Research on borderline lichens draws on microscopy, molecular phylogenetics, and culture-based experiments, often in combination. Light microscopy is widely used for describing ascoma anatomy, and Kohlmeyer and co-authors used line drawings to document and clarify the nomenclature of Mastodia and Collemopsidium. Because many borderline lichens are immersed within their substrates, specialized imaging is often required. Pérez-Ortega and co-authors used scanning electron microscopy in backscattered electron mode (SEM-BSE) to explore fine-scale interactions between endolithic fungi and calcareous shells, while Fernández-Brime and co-authors applied fluorescence in situ hybridisation combined with confocal laser scanning microscopy (FISH-CLSM) to localize bacterial communities within the loose mycelia of the Schizoxylon system.

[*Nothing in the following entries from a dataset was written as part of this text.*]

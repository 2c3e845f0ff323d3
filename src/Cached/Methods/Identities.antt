-- ===== src/Cached/Methods/Identities.antt =====
-- The methods of app/db/cached/accessor.go on identities.
use idena_indexer_api.Prelude.{ℕ, Option, [], ◌∷◌}
use idena_indexer_api.Prelude.Text.{Text, codes}
use idena_indexer_api.Cached.Key.{number, text}
use idena_indexer_api.Cached.Entry.{Entry, entry, pointer_to}

pub data IdentityCall : Type 0 where
  identity : Text → IdentityCall
  identity_age : Text → IdentityCall
  identity_current_flip_cids : Text → IdentityCall
  identity_epochs_count : Text → IdentityCall
  identity_epochs : Text → ℕ → Option (ℕ × Text) → IdentityCall
  identity_flips_count : Text → IdentityCall
  identity_flips : Text → ℕ → Option (ℕ × Text) → IdentityCall
  identity_flip_qualified_answers : Text → IdentityCall
  identity_flip_states : Text → IdentityCall
  identity_invites_count : Text → IdentityCall
  identity_invites : Text → ℕ → Option (ℕ × Text) → IdentityCall
  identity_txs_count : Text → IdentityCall
  identity_txs : Text → ℕ → Option (ℕ × Text) → IdentityCall
  identity_rewards_count : Text → IdentityCall
  identity_rewards : Text → ℕ → Option (ℕ × Text) → IdentityCall
  identity_epoch_rewards_count : Text → IdentityCall
  identity_epoch_rewards : Text → ℕ → Option (ℕ × Text) → IdentityCall

unfoldable pub identity_entry : IdentityCall → Entry
identity_entry (identity address) =
    entry (codes "Identity") (text address ∷ []) (codes "Identity") (text address ∷ [])
identity_entry (identity_age address) =
    entry (codes "IdentityAge") (text address ∷ []) (codes "IdentityAge") (text address ∷ [])
identity_entry (identity_current_flip_cids address) =
    entry (codes "IdentityCurrentFlipCids") (text address ∷ []) (codes "IdentityCurrentFlipCids")
      (text address ∷ [])
identity_entry (identity_epochs_count address) =
    entry (codes "IdentityEpochsCount") (text address ∷ []) (codes "IdentityEpochsCount")
      (text address ∷ [])
identity_entry (identity_epochs address count continuation_token) =
    entry (codes "IdentityEpochs")
      (text address ∷ number count ∷ pointer_to continuation_token ∷ []) (codes "IdentityEpochs")
      (text address ∷ number count ∷ pointer_to continuation_token ∷ [])
identity_entry (identity_flips_count address) =
    entry (codes "IdentityFlipsCount") (text address ∷ []) (codes "IdentityFlipsCount")
      (text address ∷ [])
identity_entry (identity_flips address count continuation_token) =
    entry (codes "IdentityFlips") (text address ∷ number count ∷ pointer_to continuation_token ∷ [])
      (codes "IdentityFlips") (text address ∷ number count ∷ pointer_to continuation_token ∷ [])
identity_entry (identity_flip_qualified_answers address) =
    entry (codes "IdentityFlipQualifiedAnswers") (text address ∷ [])
      (codes "IdentityFlipQualifiedAnswers") (text address ∷ [])
identity_entry (identity_flip_states address) =
    entry (codes "IdentityFlipStates") (text address ∷ []) (codes "IdentityFlipStates")
      (text address ∷ [])
identity_entry (identity_invites_count address) =
    entry (codes "IdentityInvitesCount") (text address ∷ []) (codes "IdentityInvitesCount")
      (text address ∷ [])
identity_entry (identity_invites address count continuation_token) =
    entry (codes "IdentityInvites")
      (text address ∷ number count ∷ pointer_to continuation_token ∷ []) (codes "IdentityInvites")
      (text address ∷ number count ∷ pointer_to continuation_token ∷ [])
identity_entry (identity_txs_count address) =
    entry (codes "IdentityTxsCount") (text address ∷ []) (codes "IdentityTxsCount")
      (text address ∷ [])
identity_entry (identity_txs address count continuation_token) =
    entry (codes "IdentityTxs") (text address ∷ number count ∷ pointer_to continuation_token ∷ [])
      (codes "IdentityTxs") (text address ∷ number count ∷ pointer_to continuation_token ∷ [])
identity_entry (identity_rewards_count address) =
    entry (codes "IdentityRewardsCount") (text address ∷ []) (codes "IdentityRewardsCount")
      (text address ∷ [])
identity_entry (identity_rewards address count continuation_token) =
    entry (codes "IdentityRewards")
      (text address ∷ number count ∷ pointer_to continuation_token ∷ []) (codes "IdentityRewards")
      (text address ∷ number count ∷ pointer_to continuation_token ∷ [])
identity_entry (identity_epoch_rewards_count address) =
    entry (codes "IdentityEpochRewardsCount") (text address ∷ [])
      (codes "IdentityEpochRewardsCount") (text address ∷ [])
identity_entry (identity_epoch_rewards address count continuation_token) =
    entry (codes "IdentityEpochRewards")
      (text address ∷ number count ∷ pointer_to continuation_token ∷ [])
      (codes "IdentityEpochRewards")
      (text address ∷ number count ∷ pointer_to continuation_token ∷ [])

Molecular phylogenetics and species delimitation methods have revealed hidden diversity within borderline lichen groups. Pérez-Ortega and co-authors combined multi-locus phylogenetic analyses with GMYC-based species delimitation to resolve lineages within Collemopsidiales, while Garrido-Benavent and co-authors applied multilocus sequence analyses to explore species boundaries among the Prasiola photobionts associated with Mastodia tessellata. Culture-based experiments complement these molecular approaches. Muggia and co-authors conducted co-cultivation trials with Hortaea werneckii and Dunaliella under multiple media and cultivation conditions to test whether the two organisms would develop lichen-like organization when grown together.